# Food and shrimps-How.



## plamski (Oct 27, 2009)

I’d like to know how you are feeding your shrimps. Introducing very small amount of food /risk –shrimps can miss it/ or large amount of food and after 3 -4 hour you take it out left over’s. In second case how are you cleaning extra food? Or there is some better way.


----------



## JohnPaul (Aug 28, 2006)

One, I keep snails (MTS and/or European ramshorns) in all my shrimp tanks. They clean up anything the shrimp don't eat.

As for missing food, the best way to feed a shrimp tank is NOT to drop a whole big pellet of something in there. Instead, take a small amount of food and crush it into almost a powder, and then disperse it throughout the tank. If you are using flake food, it is easy enough to just rub it between your two fingers. If you are dealing with pellet food of some kind, I find usually I have to break it up by smashing it between two spoons. Either way, once you have the powder grab a pinch of it and disperse it throughout the tank. It will settle down on everything and as the shrimp move about grazing, they will find the little food particles.

This also has the advantage where, if you have a lot of shrimp, the bigger ones don't bully the little ones away from the food like you often see in a feeding frenzy around one pellet on a tank bottom. When the food is evenly dispersed, even the smaller/weaker shrimp will find their fair share.


----------



## Gordonrichards (Apr 28, 2009)

I feed my shrimp a little bit every day in the same location of the tank. You can throw food everywhere, but by putting it in one location, the snails will eat any refuse.

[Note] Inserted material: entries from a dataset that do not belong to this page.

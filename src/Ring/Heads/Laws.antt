-- ===== src/Ring/Heads/Laws.antt =====
-- The head and tail moves of src/common/include/ring.hpp for one element, in the first round of each
-- loop.
use sqkio.Common.{ℕ, suc, ◌≤◌, ◌<◌, ◌≡◌, ap, Bool, arith}
use sqkio.Common.Word.{add32, sub32}
use sqkio.Outcome.{ok}
use sqkio.Ring.{Config, HeadTail, Ring}
use sqkio.Ring.Heads.{
  Moved, clip, prod_loop, move_prod_head, cons_loop, move_cons_head, hts_move_prod_head,
  hts_move_cons_head, update_tail,
}

clip-one : (t : Bool) (avail : ℕ) → 0 < avail → clip t 1 avail ≡ 1
unfolding clip
clip-one t avail h = ground arith

clip-none : (t : Bool) → clip t 1 0 ≡ 0
unfolding clip
clip-none t = ground arith

-- A clipped count is the whole count, all that is there, or nothing.
pub clip-le : (t : Bool) (n avail : ℕ) → (clip t n avail ≤ n) × (clip t n avail ≤ avail)
unfolding clip
clip-le t n avail = ground arith

-- The entries that the producer finds free, and those that the consumer finds.
abbrev pub free_of {ℓ} : {W : Type ℓ} → Ring W → ℕ
free_of r = sub32 (add32 r.capacity r.cons.tail) r.prod.head

abbrev pub entries_of {ℓ} : {W : Type ℓ} → Ring W → ℕ
entries_of r = sub32 r.prod.tail r.cons.head

module _ {W : Type 0} (cfg : Config) (fuel : ℕ) (r : Ring W) where
  abbrev pub prod_taken : Moved × Ring W
  prod_taken = (
    record { n = 1; old_head = r.prod.head; new_head = add32 r.prod.head 1; entries = free_of r },
    record r { prod = record { head = add32 r.prod.head 1; tail = r.prod.tail } },
  )

  pub move_prod_head-room :
      (new0 : ℕ) → 0 < free_of r → move_prod_head cfg (suc fuel) 1 new0 r ≡ ok prod_taken
  unfolding move_prod_head
  move_prod_head-room new0 h = ground (arith, clip-one cfg.transactional_prod (free_of r) h)

  pub move_prod_head-full :
      (new0 : ℕ)
      → free_of r ≡ 0
      → move_prod_head cfg (suc fuel) 1 new0 r
        ≡ ok (record { n = 0; old_head = r.prod.head; new_head = new0; entries = 0 }, r)
  unfolding move_prod_head
  move_prod_head-full new0 h = rw (prod_loop, h, clip-none cfg.transactional_prod)

  pub hts_move_prod_head-room :
      r.prod.head ≡ r.prod.tail
      → 0 < free_of r
      → hts_move_prod_head cfg (suc fuel) 1 r ≡ ok prod_taken
  unfolding hts_move_prod_head
  hts_move_prod_head-room q h = ground (arith, clip-one cfg.transactional_prod (free_of r) h)

  pub hts_move_prod_head-full :
      r.prod.head ≡ r.prod.tail
      → free_of r ≡ 0
      → hts_move_prod_head cfg (suc fuel) 1 r
        ≡ ok (
          record { n = 0; old_head = r.prod.head; new_head = r.prod.head; entries = free_of r },
          r,
        )
  unfolding hts_move_prod_head
  hts_move_prod_head-full q h =
      ground (arith, clip-none cfg.transactional_prod, ap (clip cfg.transactional_prod 1) h)

  abbrev pub cons_taken : Moved × Ring W
  cons_taken = (
    record {
      n = 1;
      old_head = r.cons.head;
      new_head = add32 r.cons.head 1;
      entries = entries_of r;
    },
    record r { cons = record { head = add32 r.cons.head 1; tail = r.cons.tail } },
  )

  pub move_cons_head-some :
      (new0 : ℕ) → 0 < entries_of r → move_cons_head cfg (suc fuel) 1 new0 r ≡ ok cons_taken
  unfolding move_cons_head
  move_cons_head-some new0 h = ground (arith, clip-one cfg.transactional_cons (entries_of r) h)

  pub move_cons_head-none :
      (new0 : ℕ)
      → entries_of r ≡ 0
      → move_cons_head cfg (suc fuel) 1 new0 r
        ≡ ok (record { n = 0; old_head = r.cons.head; new_head = new0; entries = 0 }, r)
  unfolding move_cons_head
  move_cons_head-none new0 h = rw (cons_loop, h, clip-none cfg.transactional_cons)

  pub hts_move_cons_head-some :
      r.cons.head ≡ r.cons.tail
      → 0 < entries_of r
      → hts_move_cons_head cfg (suc fuel) 1 r ≡ ok cons_taken
  unfolding hts_move_cons_head
  hts_move_cons_head-some q h = ground (arith, clip-one cfg.transactional_cons (entries_of r) h)

  pub hts_move_cons_head-none :
      r.cons.head ≡ r.cons.tail
      → entries_of r ≡ 0
      → hts_move_cons_head cfg (suc fuel) 1 r
        ≡ ok (
          record { n = 0; old_head = r.cons.head; new_head = r.cons.head; entries = entries_of r },
          r,
        )
  unfolding hts_move_cons_head
  hts_move_cons_head-none q h =
      ground (arith, clip-none cfg.transactional_cons, ap (clip cfg.transactional_cons 1) h)

-- At its turn a tail moves at once.
pub update_tail_lem :
    (fuel : ℕ) (ht : HeadTail) (old_val new_val : ℕ) (single : Bool)
    → ht.tail ≡ old_val
    → update_tail (suc fuel) ht old_val new_val single ≡ ok (record ht { tail = new_val })
unfolding update_tail
update_tail_lem fuel ht old_val new_val single h = ground arith
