-- ===== src/Ring/Calls/Steps.antt =====
-- A successful call of `enqueue` or `dequeue` (src/common/include/ring.hpp) on any ring with its heads
-- at its tails: which slot is written or read.
use sqkio.Common.{ℕ, suc, ◌*◌, ◌<◌, ◌≡◌, ◌≢◌, sym, bit_and, arith}
use sqkio.Common.Word.{add32}
use sqkio.Outcome.{ok}
use sqkio.Ring.{mt_rts, Config, Ring}
use sqkio.Ring.Copy.{Mem}
use sqkio.Ring.Copy.Result.{written, read}
use sqkio.Ring.Elements.{enqueue_elements, dequeue_elements, scale}
use sqkio.Ring.Elements.Laws.{InRing, enqueue_elements_lem, dequeue_elements_lem}
use sqkio.Ring.Heads.{hts_update_tail}
use sqkio.Ring.Heads.Laws.{
  free_of, prod_taken, move_prod_head-room, hts_move_prod_head-room, entries_of, cons_taken,
  move_cons_head-some, hts_move_cons_head-some, update_tail_lem,
}
use sqkio.Ring.Calls.{is_st, enqueue_mt, enqueue_hts, enqueue, dequeue_mt, dequeue_hts, dequeue}

module _ {W : Type 0} (r : Ring W) where
  -- The slots that the next element goes into and comes out of.
  abbrev pub put_slot : ℕ
  put_slot = bit_and r.prod.head r.mask

  abbrev pub take_slot : ℕ
  take_slot = bit_and r.cons.head r.mask

  -- The ring after an element went in.
  abbrev pub after_put : Mem W → Ring W
  after_put mem = record r {
    mem = mem;
    prod = record { head = add32 r.prod.head 1; tail = add32 r.prod.head 1 };
  }

  -- The ring after an element went out.
  abbrev pub after_take : Ring W
  after_take = record r { cons = record { head = add32 r.cons.head 1; tail = add32 r.cons.head 1 } }

module _ {W : Type 0} (cfg : Config) (fuel : ℕ) (r : Ring W) (entry : Mem W) where
  module _ (mem : Mem W)
      (runs : enqueue_elements cfg.esize (prod_taken cfg fuel r).1 r.prod.head entry 1 ≡ ok mem)
      (done : r.prod.head ≡ r.prod.tail) (room : 0 < free_of r) where
    enqueue_mt_step : enqueue_mt cfg (suc fuel) entry r ≡ ok (1, after_put r mem)
    unfolding enqueue_mt
    enqueue_mt_step = rw (
      move_prod_head-room cfg fuel r 0 room,
      runs,
      update_tail_lem fuel (prod_taken cfg fuel r).1.prod r.prod.head (add32 r.prod.head 1)
          (is_st cfg.prod_sync) (sym done),
    )

    enqueue_hts_step : enqueue_hts cfg (suc fuel) entry r ≡ ok (1, after_put r mem)
    unfolding enqueue_hts hts_update_tail
    enqueue_hts_step = rw (hts_move_prod_head-room cfg fuel r done room, runs)

    enqueue_modes :
        cfg.prod_sync ≢ mt_rts → enqueue cfg (suc fuel) entry r ≡ ok (1, after_put r mem)
    unfolding enqueue
    enqueue_modes coded = ground (arith, enqueue_mt_step, enqueue_hts_step)

  module _ (out : Mem W)
      (runs : dequeue_elements cfg.esize (cons_taken cfg fuel r).1 r.cons.head entry 1 ≡ ok out)
      (done : r.cons.head ≡ r.cons.tail) (held : 0 < entries_of r) where
    dequeue_mt_step : dequeue_mt cfg (suc fuel) entry r ≡ ok (1, out, after_take r)
    unfolding dequeue_mt
    dequeue_mt_step = rw (
      move_cons_head-some cfg fuel r 0 held,
      runs,
      update_tail_lem fuel (cons_taken cfg fuel r).1.cons r.cons.head (add32 r.cons.head 1)
          (is_st cfg.cons_sync) (sym done),
    )

    dequeue_hts_step : dequeue_hts cfg (suc fuel) entry r ≡ ok (1, out, after_take r)
    unfolding dequeue_hts hts_update_tail
    dequeue_hts_step = rw (hts_move_cons_head-some cfg fuel r done held, runs)

    dequeue_modes :
        cfg.cons_sync ≢ mt_rts → dequeue cfg (suc fuel) entry r ≡ ok (1, out, after_take r)
    unfolding dequeue
    dequeue_modes coded = ground (arith, dequeue_mt_step, dequeue_hts_step)

  -- The word of the ring, or of the caller's entry, after the call.
  abbrev pub PutWords : Mem W → Type 0
  PutWords mem =
      (p : ℕ)
      → mem p
        ≡ written (r.size * scale cfg.esize) (put_slot r * scale cfg.esize) entry
            (1 * scale cfg.esize) r.mem p

  abbrev pub TookWords : Mem W → Type 0
  TookWords out =
      (q : ℕ)
      → out q
        ≡ read (r.size * scale cfg.esize) (take_slot r * scale cfg.esize) r.mem
            (1 * scale cfg.esize) entry q

  pub enqueue_step :
      cfg.prod_sync ≢ mt_rts
      → r.prod.head ≡ r.prod.tail
      → 0 < free_of r
      → InRing cfg.esize r.size (put_slot r) 1
      → (mem : Mem W) × (enqueue cfg (suc fuel) entry r ≡ ok (1, after_put r mem)) × PutWords mem
  enqueue_step coded done room slot =
      let (mem, runs, same) =
        enqueue_elements_lem cfg.esize 1 r.prod.head (prod_taken cfg fuel r).1 entry slot in
      (mem, enqueue_modes mem runs done room coded, same)

  pub dequeue_step :
      cfg.cons_sync ≢ mt_rts
      → r.cons.head ≡ r.cons.tail
      → 0 < entries_of r
      → InRing cfg.esize r.size (take_slot r) 1
      → (out : Mem W) × (dequeue cfg (suc fuel) entry r ≡ ok (1, out, after_take r)) × TookWords out
  dequeue_step coded done held slot =
      let (out, runs, same) =
        dequeue_elements_lem cfg.esize 1 r.cons.head (cons_taken cfg fuel r).1 entry slot in
      (out, dequeue_modes out runs done held coded, same)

The worst thing you can do is overfeed your tank, no matter what you're keeping.


----------



## tex627 (Nov 2, 2008)

check it out. http://www.theshrimpjournal.com/2009/07/feeding-and-food.html


----------



## bluegardener (Jun 5, 2006)

I can see that there are some advantages to JohnPaul's method, but I like to drop in big chuncks of food. The shrimp are good at sensing (smelling?) the food and if it is in one location then they go right for it and less of it is lost. I don't worry about cleaning up the food and often the pieces are in the tank for a few days before being totally consumed. I have a large tank and I feed fresh, blanched veggies more than half the time, both of which make this easier on the tank conditions. With any size tank, constancy is key. In my tank there is always a group of shrimp munching on whatever food is in there. If they stopped eating it at any point I would probably take it out.


----------



## virgo888 (Jun 25, 2009)

I break up the pellets and it's better have less than too much food. for 300 cherries, i put 4-5 pellets.


----------



## James0816 (Oct 9, 2008)

I find it hard to overfeed. Sometimes I even wonder if I'm feeding enough. ;o)

Just grab a big pinch, and while holding it over the outflow of the HOB, rub fingers together to break up the bigger flakes.

Flow from the filter does a good job with dispursement and everyone is happy. Briggs do their thing throughout the course of the day as well which keeps things nice and tidy.


----------



## asukawashere (Mar 11, 2009)

I drop a couple of tetra colorbits (or whatever they're calling them nowadays) in the same corner of the tank every time I feed (once every other day or so). The MTS, ramshorns, & pond snails munch anything the shrimp miss, and any extra nutrients tend to feed the coat of diatoms on the walls of the tank (which, in turn, become live food for shrimp to pick at). If the snails get out of control, I grab a bunch of 'em and toss them in my 37gal discus tank, where there's a colony of assassin snails to keep them at bay.

And, of course, the giant wads of moss and floaters and other assorted vegetation are in there for any shrimps to nibble on if so they desire.


----------